ACTION ITEM: The required output is the exact run of lines below that opens at the line with "quiet_asks (price_stage p" and closes at the line with "(WithinLimits-le input regular".

AVAILABLE DATA:
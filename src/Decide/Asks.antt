-- ===== src/Decide/Asks.antt =====
-- What `decideCycle` asks a quote for: never more than may be spent now.
use native.Mathlib.Nat.{le_refl}
use mathlib.Core.Path.{subst}
use mathlib.Core.List.{Mem}
use new_bnbhack.Common.{
  ℕ, ◌/◌, ◌≤◌, ◌≡◌, refl, ap, sym, ◌∙◌, Bool, true, false, not, ◌||◌, ltb, List, [], Option, none,
  some, last, arith, ok,
}
use new_bnbhack.Common.Text.{Text}
use new_bnbhack.Amounts.{to_units}
use new_bnbhack.Amounts.RoundTrip.{to_units-from_units}
use new_bnbhack.Session.{is_regular, us_session}
use new_bnbhack.Platform.{Platform}
use new_bnbhack.Decide.Flows.{lift-eq-goes_on}
use new_bnbhack.Decide.Limits.{WithinLimits, WithinLimits-le, budget_stage-WithinLimits}
use new_bnbhack.Decide.Choice.{IsBuyable, asset_stage-IsBuyable}
use new_bnbhack.Decide.Execution.{guardian_stage-none, window_stage-lem}
use new_bnbhack.Decide.Quiet.{
  IsQuiet, quiet_asks, bind_answers, IsQuiet-lift, due_stage-IsQuiet, guardian_stage-IsQuiet,
  window_stage-IsQuiet, settled_open-IsQuiet,
}
use new_bnbhack.Decide.QuietStages.{budget_stage-IsQuiet, asset_stage-IsQuiet, price_stage-IsQuiet}
use new_bnbhack.Decide.{
  CycleInput, InstrumentMarket, QuoteObservation, ExecuteDecision, Answer, quote, answer, Flow,
  throws, answers, goes_on, ◌>>◌, units, decimal, answer_if, due_stage, guardian_stage,
  window_stage, Budget, budget_stage, excluded_by, asset_stage, price_stage, is_some, own_quotes,
  refused_if, number_or_nan, is_high_impact, impact_if, is_fresh, quote_checks, latest_quote,
  quote_stage, cycle, outcome_of, decide_cycle,
}

answers-quote :
    {A : Type 0} (id s id' s' : Text)
    → ◌≡◌ {A = Flow A} (answers (quote id s)) (answers (quote id' s'))
    → (id ≡ id') × (s ≡ s')
answers-quote id s id' s' h = ground arith

-- either the answer is given here, or it comes from what follows
answer_or_rest {κ μ} :
    {B : Type κ} {C : Type μ} (test : Bool) (a b : Answer) (rest : Flow B)
    → (answer_if test a >> rest) ≡ answers b
    → (test ≡ true → a ≡ b → C)
    → (test ≡ false → rest ≡ answers b → C)
    → C
answer_or_rest true a b rest h k l = k refl (ground arith)
answer_or_rest false a b rest h k l = l refl h

-- a text for a spend of at most `planned`
abbrev IsAtMost : ℕ → Text → Type 0
IsAtMost planned s = (n : ℕ) × (to_units s 18 ≡ ok n) × (n ≤ planned)

IsAtMost-decimal : (n planned : ℕ) (s : Text) → n ≤ planned → decimal n ≡ s → IsAtMost planned s
IsAtMost-decimal n planned s small same =
    (n, ap (λ t. to_units t 18) (sym same) ∙ to_units-from_units n 18, small)

quote-injective : (id s id' s' : Text) → quote id s ≡ quote id' s' → (id ≡ id') × (s ≡ s')
quote-injective id s id' s' h = ground arith

module _ {F : Type 0} (p : Platform F) where
  refused_if-IsQuiet :
      (input : CycleInput) (regular : Bool) (q : QuoteObservation) (code : Option Text)
      → IsQuiet (refused_if input regular q code)
  unfolding refused_if
  refused_if-IsQuiet input regular q none = tt
  refused_if-IsQuiet input regular q (some code) = ground (arith, settled_open-IsQuiet input.now)

  impact_if-asks :
      (high : Bool) (input : CycleInput) (b : Budget) (m : InstrumentMarket)
      (own : List QuoteObservation) (spend : ℕ) (impact : F) (id s : Text)
      → impact_if p high input b m own spend impact ≡ answers (quote id s)
      → (m.instrument.id ≡ id) × (decimal (spend / 2) ≡ s)
  unfolding impact_if
  impact_if-asks true input b m own spend impact id s h = ground arith
  impact_if-asks false input b m own spend impact id s h = absurd (cc)

  quote_checks-asks :
      (input : CycleInput) (regular : Bool) (b : Budget) (m : InstrumentMarket)
      (own : List QuoteObservation) (q : QuoteObservation) (id s : Text)
      → quote_checks p input regular b m own q ≡ answers (quote id s)
      → (m.instrument.id ≡ id) × IsAtMost b.planned_spend s
  unfolding quote_checks
  quote_checks-asks input regular b m own q id s h =
      let impact = number_or_nan p q.price_impact_pct in
      quiet_asks (refused_if input regular q q.error_code) _ id s
        (refused_if-IsQuiet input regular q q.error_code) h
        λ _ _ h1.
          answer_or_rest (not (is_some q.quote_id) || not (is_some q.to_token_amount)) _
            (quote id s) _ h1 (λ _ e. absurd (cc))
            λ _ h2.
              quiet_asks (units q.spend_usd) _ id s (IsQuiet-lift (to_units q.spend_usd 18)) h2
                λ n read h3.
                  answer_or_rest (ltb b.planned_spend n) _ (quote id s) _ h3
                    (λ _ e.
                      let (same_id, same) = quote-injective _ _ id s e in
                      (
                        same_id,
                        IsAtMost-decimal b.planned_spend b.planned_spend s (le_refl _) same,
                      ))
                    λ within h4.
                      answer_or_rest (not (p.is_finite impact)) _ (quote id s) _ h4
                        (λ _ e. absurd (cc))
                        λ _ h5.
                          bind_answers
                            (impact_if p (is_high_impact p impact) input b m own n impact) _
                            (quote id s) h5
                            (λ asked.
                              let (same_id, same) =
                                impact_if-asks (is_high_impact p impact) input b m own n impact id s
                                  asked in
                              (
                                same_id,
                                IsAtMost-decimal (n / 2) b.planned_spend s (ground (arith, within))
                                    same,
                              ))
                            λ _ _ h6.
                              answer_or_rest
                                (not (is_fresh p input.now (p.date_parse q.received_at))) _
                                (quote id s) _ h6
                                (λ _ e.
                                  let (same_id, same) = quote-injective _ _ id s e in
                                  (
                                    same_id,
                                    (
                                      n,
                                      ap (λ t. to_units t 18) (sym same)
                                          ∙ lift-eq-goes_on (to_units q.spend_usd 18) read,
                                      ground (arith, within),
                                    ),
                                  ))
                                λ _ h7. absurd (cc)

  latest_quote-asks :
      (input : CycleInput) (regular : Bool) (b : Budget) (m : InstrumentMarket)
      (own : List QuoteObservation) (latest : Option QuoteObservation) (id s : Text)
      → latest_quote p input regular b m own latest ≡ answers (quote id s)
      → (m.instrument.id ≡ id) × IsAtMost b.planned_spend s
  unfolding latest_quote
  latest_quote-asks input regular b m own none id s h =
      let (same_id, same) = answers-quote _ _ id s h in
      (same_id, IsAtMost-decimal b.planned_spend b.planned_spend s (le_refl _) same)
  latest_quote-asks input regular b m own (some q) id s h =
      bind_answers (quote_checks p input regular b m own q) _ (quote id s) h
        (quote_checks-asks input regular b m own q id s) λ _ _ rest. absurd (cc)

  quote_stage-asks :
      (input : CycleInput) (regular : Bool) (b : Budget) (m : InstrumentMarket) (id s : Text)
      → quote_stage p input regular b m ≡ answers (quote id s)
      → (m.instrument.id ≡ id) × IsAtMost b.planned_spend s
  unfolding quote_stage
  quote_stage-asks input regular b m id s h =
      latest_quote-asks input regular b m _ (last (own_quotes m.instrument.id input.quotes)) id s h

  -- A question for a quote: the token named may be bought, the guardian blocks nothing, and the
  -- amount is within every limit.
  pub record IsSafeAsk (input : CycleInput) (id s : Text) : Type 0 where
    pub m : InstrumentMarket
    pub listed : Mem m input.markets
    pub planned : ℕ
    pub spend : ℕ
    pub named : m.instrument.id ≡ id
    pub not_blocked : input.guardian_block ≡ none
    pub buyable : IsBuyable (excluded_by [] input.quotes) planned m
    pub spend_read : to_units s 18 ≡ ok spend
    pub within : WithinLimits input (is_regular (us_session input.now)) spend

  cycle-eq-answers :
      (input : CycleInput) (a : Answer)
      → decide_cycle p input ≡ ok (answer a)
      → cycle p input ≡ answers a
  unfolding decide_cycle
  cycle-eq-answers input a h = answered (cycle p input) h
    where
      answered : (c : Flow ExecuteDecision) → outcome_of c ≡ ok (answer a) → c ≡ answers a
      answered (goes_on e) k = absurd (cc)
      answered (throws e) k = absurd (cc)
      answered (answers b) k = ground arith

  -- Whenever decideCycle asks for a quote, the token is that of one of the input's markets,
  -- which is open and trading and which no quote rules out, the amount is read back exactly and
  -- is within every limit, and the guardian blocks nothing.
  pub decide_cycle-IsSafeAsk :
      (input : CycleInput) (id s : Text)
      → decide_cycle p input ≡ ok (answer (quote id s))
      → IsSafeAsk input id s
  unfolding cycle
  decide_cycle-IsSafeAsk input id s h =
      quiet_asks (due_stage p input) _ id s (due_stage-IsQuiet p input)
        (cycle-eq-answers input (quote id s) h)
        λ tick _ h1.
          quiet_asks (guardian_stage input.guardian_block) _ id s
            (guardian_stage-IsQuiet input.guardian_block) h1
            λ _ guard h2.
              quiet_asks (window_stage input) _ id s (window_stage-IsQuiet input) h2
                λ regular window h3.
                  quiet_asks (budget_stage input regular) _ id s
                    (budget_stage-IsQuiet input regular) h3
                    λ b budget h4.
                      quiet_asks (asset_stage input tick b) _ id s
                        (asset_stage-IsQuiet input tick b) h4
                        λ m asset h5.
                          quiet_asks (price_stage p input regular m) _ id s
                            (price_stage-IsQuiet p input regular m) h5
                            λ gap _ h6.
                              bind_answers (quote_stage p input regular b m) _ (quote id s) h6
                                (λ asked.
                                  let (named, (n, read, small)) =
                                    quote_stage-asks input regular b m id s asked in
                                  record {
                                    m = m;
                                    listed = (asset_stage-IsBuyable input tick b m asset).1.1;
                                    planned = b.planned_spend;
                                    spend = n;
                                    named = named;
                                    not_blocked = guardian_stage-none input.guardian_block guard;
                                    buyable = (asset_stage-IsBuyable input tick b m asset).0;
                                    spend_read = read;
                                    within =
                                        subst (λ r. WithinLimits input r n)
                                          (window_stage-lem input regular window).0
                                          (WithinLimits-le input regular n b.planned_spend small
                                            (budget_stage-WithinLimits input regular b budget));
                                  })
                                λ _ _ rest. absurd (cc)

RESPONSE BELOW:
                          quiet_asks (price_stage p input regular m) _ id s
                            (price_stage-IsQuiet p input regular m) h5
                            λ gap _ h6.
                              bind_answers (quote_stage p input regular b m) _ (quote id s) h6
                                (λ asked.
                                  let (named, (n, read, small)) =
                                    quote_stage-asks input regular b m id s asked in
                                  record {
                                    m = m;
                                    listed = (asset_stage-IsBuyable input tick b m asset).1.1;
                                    planned = b.planned_spend;
                                    spend = n;
                                    named = named;
                                    not_blocked = guardian_stage-none input.guardian_block guard;
                                    buyable = (asset_stage-IsBuyable input tick b m asset).0;
                                    spend_read = read;
                                    within =
                                        subst (λ r. WithinLimits input r n)
                                          (window_stage-lem input regular window).0
                                          (WithinLimits-le input regular n b.planned_spend small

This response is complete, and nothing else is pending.